College of Petroleum Engineering and Geosciences, King Fahd University of Petroleum and Minerals, Dhahran, 31261, Saudi Arabia.
Sci Rep. 2021 Dec 6;11(1):23445. doi: 10.1038/s41598-021-02959-9.
Determination of in-situ stresses is essential for subsurface planning and modeling, such as horizontal well planning and hydraulic fracture design. In-situ stresses consist of overburden stress (σ), minimum (σ), and maximum (σ) horizontal stresses. The σ and σ are difficult to determine, whereas the overburden stress can be determined directly from the density logs. The σ and σ can be estimated either from borehole injection tests or theoretical finite elements methods. However, these methods are complex, expensive, or need unavailable tectonic stress data. This study aims to apply different machine learning (ML) techniques, specifically, random forest (RF), functional network (FN), and adaptive neuro-fuzzy inference system (ANFIS), to predict the σ and σ using well-log data. The logging data includes gamma-ray (GR) log, formation bulk density (RHOB) log, compressional (DTC), and shear (DTS) wave transit-time log. A dataset of 2307 points from two wells (Well-1 and Well-2) was used to build the different ML models. The Well-1 data was used in training and testing the models, and the Well-2 data was used to validate the developed models. The obtained results show the capability of the three ML models to predict accurately the σh and σH using the well-log data. Comparing the results of RF, ANFIS, and FN models for minimum horizontal stress prediction showed that ANFIS outperforms the other two models with a correlation coefficient (R) for the validation dataset of 0.96 compared to 0.91 and 0.88 for RF, and FN, respectively. The three models showed similar results for predicting maximum horizontal stress with R values higher than 0.98 and an average absolute percentage error (AAPE) less than 0.3%. a index for the actual versus the predicted data showed that the three ML techniques were able to predict the horizontal stresses with a deviation less than 20% from the actual data. For the validation dataset, the RF, ANFIS, and FN models were able to capture all changes in the σ and σ trends with depth and accurately predict the σ and σ values. The outcomes of this study confirm the robust capability of ML to predict σ and σ from readily available logging data with no need for additional costs or site investigation.

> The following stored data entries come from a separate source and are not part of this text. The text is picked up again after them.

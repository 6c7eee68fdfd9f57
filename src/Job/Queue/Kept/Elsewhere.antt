-- ===== src/Job/Queue/Kept/Elsewhere.antt =====
-- A write to one job turns a property of all jobs into one that the others have and the written job
-- gets by being idle.
use Prim.Native.String.{String}
use text.Mathlib.Text.{◌==◌ as str_eq}
use lane.Prelude.{
  ◌≡◌, sym, subst, ◌∙◌, arith, false, none, some, [], ◌∷◌, All, Bool-cases, inl, inr, same_text,
}
use lane.Job.{Job}
use lane.Job.Queue.{get, put}
use lane.Job.Queue.Kept.{Jobs, Idle}
use lane.Job.Queue.Kept.Entries.{Distinct, put-Distinct, get-entry}
use lane.Job.Queue.Kept.Sound.{Stable, Entry, Sound, Idle-Entry}

module _ {F V : Type 0} (P Q : Job F V → Type 0) (id : String) where
  -- What holds of the other jobs.
  abbrev pub Other : Type 0
  Other = (j : Job F V) → str_eq j.id id ≡ false → P j → Q j

  other-Entry :
      (k : String) (j : Job F V) → Other → str_eq k id ≡ false → Entry P (k, j) → Entry Q (k, j)
  other-Entry k j other f e = record {
    key = e.key;
    leased = e.leased;
    also = other j (subst (λ u. str_eq u id ≡ false) e.key f) e.also;
  }

  others-All :
      (jobs : Jobs F V) → Other → get id jobs ≡ none → All (Entry P) jobs → All (Entry Q) jobs
  others-All [] other n a = tt
  others-All ((k, j) ∷ jobs) other n a = elim (Bool-cases (str_eq k id)) [
    | inl t ↦ absurd (ground (arith, t, n))
    | inr t ↦ (other-Entry k j other t a.0, others-All jobs other (ground (arith, t, n)) a.1)
  ]

  put-All :
      (job : Job F V) (jobs : Jobs F V)
      → Stable Q
      → Other
      → id ≡ job.id
      → Idle job
      → Distinct jobs
      → All (Entry P) jobs
      → All (Entry Q) (put id job jobs)
  put-All job [] stable other e i d a = tt
  put-All job ((k, j) ∷ jobs) stable other e i d a = elim (Bool-cases (str_eq k id)) [
    | inl t ↦
        let p : k ≡ id = same_text k id t in
        rw t (
          Idle-Entry Q stable k job (p ∙ e) i,
          others-All jobs other (subst (λ u. get u jobs ≡ none) p d.0) a.1,
        )
    | inr t ↦ rw t (other-Entry k j other t a.0, put-All job jobs stable other e i d.1 a.1)
  ]

  pub write-Sound :
      (old job : Job F V) (jobs : Jobs F V)
      → Stable Q
      → Other
      → get id jobs ≡ some old
      → job.id ≡ old.id
      → Idle job
      → Sound P jobs
      → Sound Q (put id job jobs)
  write-Sound old job jobs stable other g e i v =
      let entry = get-entry (Entry P) id jobs old g v.entries in
      record {
        entries = put-All job jobs stable other (entry.key ∙ sym e) i v.distinct v.entries;
        distinct = put-Distinct id job jobs v.distinct;
      }

  pub missing-Sound : (jobs : Jobs F V) → Other → get id jobs ≡ none → Sound P jobs → Sound Q jobs
  missing-Sound jobs other n v = record {
    entries = others-All jobs other n v.entries;
    distinct = v.distinct;
  }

原地应力的确定对于地下规划和建模至关重要,例如水平井规划和水力压裂设计。原地应力由上覆应力(σ)、最小水平应力(σ)和最大水平应力(σ)组成。σ和σ难以确定,而上覆应力可以直接从密度测井中确定。σ和σ可以通过钻孔注入测试或理论有限元方法来估算。然而,这些方法复杂、昂贵,或者需要不可用的构造应力数据。本研究旨在应用不同的机器学习(ML)技术,特别是随机森林(RF)、函数网络(FN)和自适应神经模糊推理系统(ANFIS),使用测井数据预测 σ 和 σ。测井数据包括伽马射线(GR)测井、地层体积密度(RHOB)测井、纵波(DTC)和横波(DTS)渡越时间测井。使用来自两口井(井 1 和井 2)的 2307 个点数据集来构建不同的 ML 模型。井 1 数据用于训练和测试模型,井 2 数据用于验证开发的模型。结果表明,这三种 ML 模型能够使用测井数据准确地预测 σ h 和 σ H。比较 RF、ANFIS 和 FN 模型对最小水平应力预测的结果表明,与 RF 和 FN 相比,ANFIS 的相关系数(R)对于验证数据集分别为 0.96、0.91 和 0.88,表现出更好的预测能力。对于最大水平应力的预测,三个模型的结果相似,R 值均高于 0.98,平均绝对百分比误差(AAPE)均小于 0.3%。a 指数用于表示实际数据与预测数据之间的偏差,表明三种 ML 技术能够以小于实际数据 20%的偏差来预测水平应力。对于验证数据集,RF、ANFIS 和 FN 模型能够捕捉到 σ 和 σ 随深度的变化趋势,并准确预测 σ 和 σ 值。本研究的结果证实了 ML 从现成的测井数据中预测 σ 和 σ 的强大能力,无需额外的成本或现场调查。